Method | Candidates | Run 1 | Run 2 | Run 3 | Run 4 | Run 5 | Min | Max | Mean | SD | Rank | Y | N |
---|---|---|---|---|---|---|---|---|---|---|---|---|---|
f32CPU_SV | 5000000 | 826.765 | 849.757 | 821.71 | 820.768 | 821.078 | 820.768 | 849.757 | 828.015 | 12.3965 | 9 | 1001 | 100 |
i32CPU_SV | 5000000 | 939.623 | 947.093 | 952.345 | 941.501 | 954.725 | 939.623 | 954.725 | 947.057 | 6.57454 | 10 | 1001 | 100 |
f32CPU_DV | 5000000 | 130.432 | 125.811 | 126.793 | 126.478 | 125.721 | 125.721 | 130.432 | 127.047 | 1.94481 | 6 | 1001 | 100 |
i32CPU_DV | 5000000 | 117.315 | 117.658 | 118.168 | 118.61 | 117.866 | 117.315 | 118.61 | 117.923 | 0.493645 | 5 | 1001 | 100 |
f32CPU_SM | 5000000 | 124.313 | 104.291 | 104.264 | 101.747 | 102.933 | 101.747 | 124.313 | 107.51 | 9.45234 | 4 | 1001 | 100 |
i32CPU_SM | 5000000 | 90.7281 | 95.7376 | 95.3606 | 92.9142 | 94.5655 | 90.7281 | 95.7376 | 93.8612 | 2.06021 | 3 | 1001 | 100 |
f32CPU_DM | 5000000 | 127.834 | 133.133 | 134.49 | 131.903 | 132.968 | 127.834 | 134.49 | 132.066 | 2.53797 | 8 | 1001 | 100 |
i32CPU_DM | 5000000 | 128.806 | 133.237 | 131.651 | 133.81 | 132.751 | 128.806 | 133.81 | 132.051 | 1.97979 | 7 | 1001 | 100 |
f32GPU_DV | 5000000 | 67.4017 | 68.5841 | 68.0146 | 68.9836 | 68.3605 | 67.4017 | 68.9836 | 68.2689 | 0.599003 | 1 | 1001 | 100 |
f32GPU_DM | 5000000 | 71.757 | 73.6774 | 73.7368 | 74.6015 | 73.9481 | 71.757 | 74.6015 | 73.5442 | 1.0642 | 2 | 1001 | 100 |
Here are some single benchmarks of the best performing CPU-based search i32CPU_SM
and the best best performing GPU-based search f32GPU_DV
:
Method | Candidates | Time (s) |
---|---|---|
i32CPU_SM | 10 000 000 | 192.9012858 |
f32GPU_DV | 10 000 000 | 136.936034 |
i32CPU_SM | 15 000 000 | 294.8084179 |
f32GPU_DV | 15 000 000 | 222.3788737 |
i32CPU_SM | 20 000 000 | 402.716955 |
f32GPU_DV | 20 000 000 | 281.232755 |
i32CPU_SM | 21 474 835 | 439.2972796 |
f32GPU_DV | 21 474 835 | failed |
You might notice that the maximum number of tested candidates is 21 474 835, this is because this results in 2 147 483 500 non-zero elements, close to the maximum of a signed int32 type value. Going beyond that is impossible with the provided implementation. In case you really need to go beyond that, please adapt the implementation accordingly (e.g. using unsigned int32 or int64 data types instead). See also this issue.

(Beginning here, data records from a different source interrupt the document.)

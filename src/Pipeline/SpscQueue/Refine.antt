-- ===== src/Pipeline/SpscQueue/Refine.antt =====
-- A queue behaves as the channel that it represents, call by call.
use io_uring_async_load_proc.Prelude.{
  ℕ, ◌≤◌, ◌<◌, ◌≡◌, refl, true, false, none, some, List, [], ◌∷◌, arith, length, get_elem?, dec_lt,
  lt→ltb, le→not-ltb, ◌≢◌,
}
use io_uring_async_load_proc.Exception.{Exception}
use io_uring_async_load_proc.Pipeline.Channel.{Channel, Status, send, receive, finish}
use io_uring_async_load_proc.Exception.{Outcome, blocks, returns, throws}
use io_uring_async_load_proc.Pipeline.SpscQueue.{
  SpscQueue, State, push, store, enqueue, pop, take_head, dequeue, drain, close,
}
use io_uring_async_load_proc.Pipeline.SpscQueue.View.{
  Represents, SameStatus, is_opened, is_closed, is_failed, tail_slot, head_slot, store-Represents,
  take_head-Represents,
}

module _ {ℓ} {A : Type ℓ} where
  abbrev pub Agrees {κ} :
      {B : Type κ} → Outcome B × SpscQueue A → Outcome B × Channel A → Type (ℓ ⊔ κ)
  Agrees (o, q) (o', c) = (o ≡ o') × Represents q c

  push-closed : (q : SpscQueue A) (v : A) → q.state ≡ State.closed → push q v ≡ (returns false, q)
  unfolding push
  push-closed q v e = ground arith

  push-failed :
      (q : SpscQueue A) (v : A) (e : Exception)
      → q.state ≡ State.failed
      → q.failure ≡ some e
      → push q v ≡ (throws e, q)
  unfolding push
  push-failed q v e s f = ground arith

  push-full :
      (q : SpscQueue A) (v : A)
      → q.state ≡ State.opened
      → length q.slots ≤ q.size
      → push q v ≡ (blocks, q)
  unfolding push
  push-full q v e h = ground arith

  push-room :
      (q : SpscQueue A) (v : A)
      → q.state ≡ State.opened
      → q.size < length q.slots
      → get_elem? q.slots q.tail ≡ some none
      → push q v ≡ (returns true, store q v)
  unfolding push enqueue
  push-room q v e h s = ground arith

  pop-failed :
      (q : SpscQueue A) (e : Exception)
      → q.state ≡ State.failed
      → q.failure ≡ some e
      → pop q ≡ (throws e, q)
  unfolding pop
  pop-failed q e s f = ground arith

  pop-waits : (q : SpscQueue A) → q.state ≡ State.opened → q.size ≡ 0 → pop q ≡ (blocks, q)
  unfolding pop
  pop-waits q e h = ground arith

  pop-drained : (q : SpscQueue A) → q.state ≡ State.closed → q.size ≡ 0 → pop q ≡ (returns none, q)
  unfolding pop drain
  pop-drained q e h = ground arith

  pop-item :
      (q : SpscQueue A) (x : A)
      → q.state ≢ State.failed
      → 0 < q.size
      → get_elem? q.slots q.head ≡ some (some x)
      → pop q ≡ (returns (some x), take_head q)
  unfolding pop dequeue
  pop-item q x e h s = ground arith

  close-opened :
      (q : SpscQueue A) → q.state ≡ State.opened → close q ≡ record q { state = State.closed }
  unfolding close
  close-opened q e = ground arith

  close-other : (q : SpscQueue A) → q.state ≢ State.opened → close q ≡ q
  unfolding close
  close-other q e = ground arith

  push_status :
      {q : SpscQueue A} (items : List A) (limit : ℕ) (s : Status) (v : A)
      → Represents q (record { items = items; status = s; limit = limit })
      → Agrees (push q v) (send (record { items = items; status = s; limit = limit }) v)
  unfolding send
  push_status {q} items limit Status.opened v r = elim (dec_lt q.size (length q.slots)) [
    | yes h ↦
        rw
          (
            push-room q v (is_opened r.same_status) h (tail_slot r h),
            lt→ltb (length items) limit (omega (arith, r.same_size, r.same_limit)),
          )
          (refl, store-Represents r v h)
    | no h ↦
        rw
          (
            push-full q v (is_opened r.same_status) (omega arith),
            le→not-ltb (length items) limit (omega (arith, r.same_size, r.same_limit)),
          )
          (refl, r)
  ]
  push_status {q} items limit Status.closed v r =
      rw (push-closed q v (is_closed r.same_status)) (refl, r)
  push_status {q} items limit (Status.failed e) v r =
      rw (push-failed q v e (is_failed e r.same_status).0 (is_failed e r.same_status).1) (refl, r)

  -- `push` waits, returns and rethrows as `send` does on the channel that the queue represents, no
  -- assertion fails, and the queue represents the new channel: its gauge reads the new depth.
  pub push_refines :
      {q : SpscQueue A} {c : Channel A} (v : A) → Represents q c → Agrees (push q v) (send c v)
  push_refines {q} {c} v r = push_status c.items c.limit c.status v r

  pop_item_refines :
      {q : SpscQueue A} (x : A) (xs : List A) (limit : ℕ) (s : Status)
      → Represents q (record { items = x ∷ xs; status = s; limit = limit })
      → q.state ≢ State.failed
      → Agrees (pop q) (returns (some x), record { items = xs; status = s; limit = limit })
  pop_item_refines {q} x xs limit s r ne =
      rw (pop-item q x ne (omega (arith, r.same_size)) (head_slot x xs r refl).0)
        (refl, take_head-Represents r x xs refl)

  pop_status :
      {q : SpscQueue A} (items : List A) (limit : ℕ) (s : Status)
      → Represents q (record { items = items; status = s; limit = limit })
      → Agrees (pop q) (receive (record { items = items; status = s; limit = limit }))
  unfolding receive
  pop_status {q} [] limit Status.opened r =
      rw (pop-waits q (is_opened r.same_status) r.same_size) (refl, r)
  pop_status {q} [] limit Status.closed r =
      rw (pop-drained q (is_closed r.same_status) r.same_size) (refl, r)
  pop_status {q} [] limit (Status.failed e) r =
      rw (pop-failed q e (is_failed e r.same_status).0 (is_failed e r.same_status).1) (refl, r)
  pop_status {q} (x ∷ xs) limit Status.opened r =
      pop_item_refines x xs limit Status.opened r (λ e. cc (is_opened r.same_status))
  pop_status {q} (x ∷ xs) limit Status.closed r =
      pop_item_refines x xs limit Status.closed r (λ e. cc (is_closed r.same_status))
  pop_status {q} (x ∷ xs) limit (Status.failed e) r =
      rw (pop-failed q e (is_failed e r.same_status).0 (is_failed e r.same_status).1) (refl, r)

  -- `pop` waits, returns and rethrows as `receive` does on the channel that the queue represents, no
  -- assertion fails, and the queue represents what is left of the channel.
  pub pop_refines : {q : SpscQueue A} {c : Channel A} → Represents q c → Agrees (pop q) (receive c)
  pop_refines {q} {c} r = pop_status c.items c.limit c.status r

  close_status :
      {q : SpscQueue A} (items : List A) (limit : ℕ) (s : Status)
      → Represents q (record { items = items; status = s; limit = limit })
      → Represents (close q) (finish (record { items = items; status = s; limit = limit }))
  unfolding finish
  close_status {q} items limit Status.opened r =
      rw (close-opened q (is_opened r.same_status)) (record {
        capacity_pos = r.capacity_pos;
        capacity_small = r.capacity_small;
        head_in = r.head_in;
        size_in = r.size_in;
        tail_at = r.tail_at;
        occupied = r.occupied;
        vacant = r.vacant;
        same_size = r.same_size;
        same_limit = r.same_limit;
        same_status = SameStatus.closed refl;
        observed = r.observed;
      })
  close_status {q} items limit Status.closed r =
      rw (close-other q (λ e. cc (is_closed r.same_status))) r
  close_status {q} items limit (Status.failed e) r =
      rw (close-other q (λ p. cc (is_failed e r.same_status).0)) r

  pub close_refines :
      {q : SpscQueue A} {c : Channel A} → Represents q c → Represents (close q) (finish c)
  close_refines {q} {c} r = close_status c.items c.limit c.status r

CPU-based sparse matrix * sparse matrix search is generally a good choice, no matter the system configuration. Choosing an Int32- or Float32-based approach usually does not make a considerable difference, we recommend going with the Int32 variant as it ensures better reproducibility of results, eliminating any kind of deviations due to floating point shenanigans. If a decent GPU (e.g. anything comparable to an Nvidia GeForce RTX 4060 Ti 16 GB or better) is available, running a GPU-based search is the more performant choice. We recommend going with the sparse matrix * dense vector approach as it requires less GPU memory. The GPU-based sparse matrix * sparse matrix search appears to be the worst of the tested methods, yielding very long computation times and exceedingly high memory usage. This is most likely due to the fact that the algorithm assumes that the resulting matrix is also sparse, which almost never will be the case.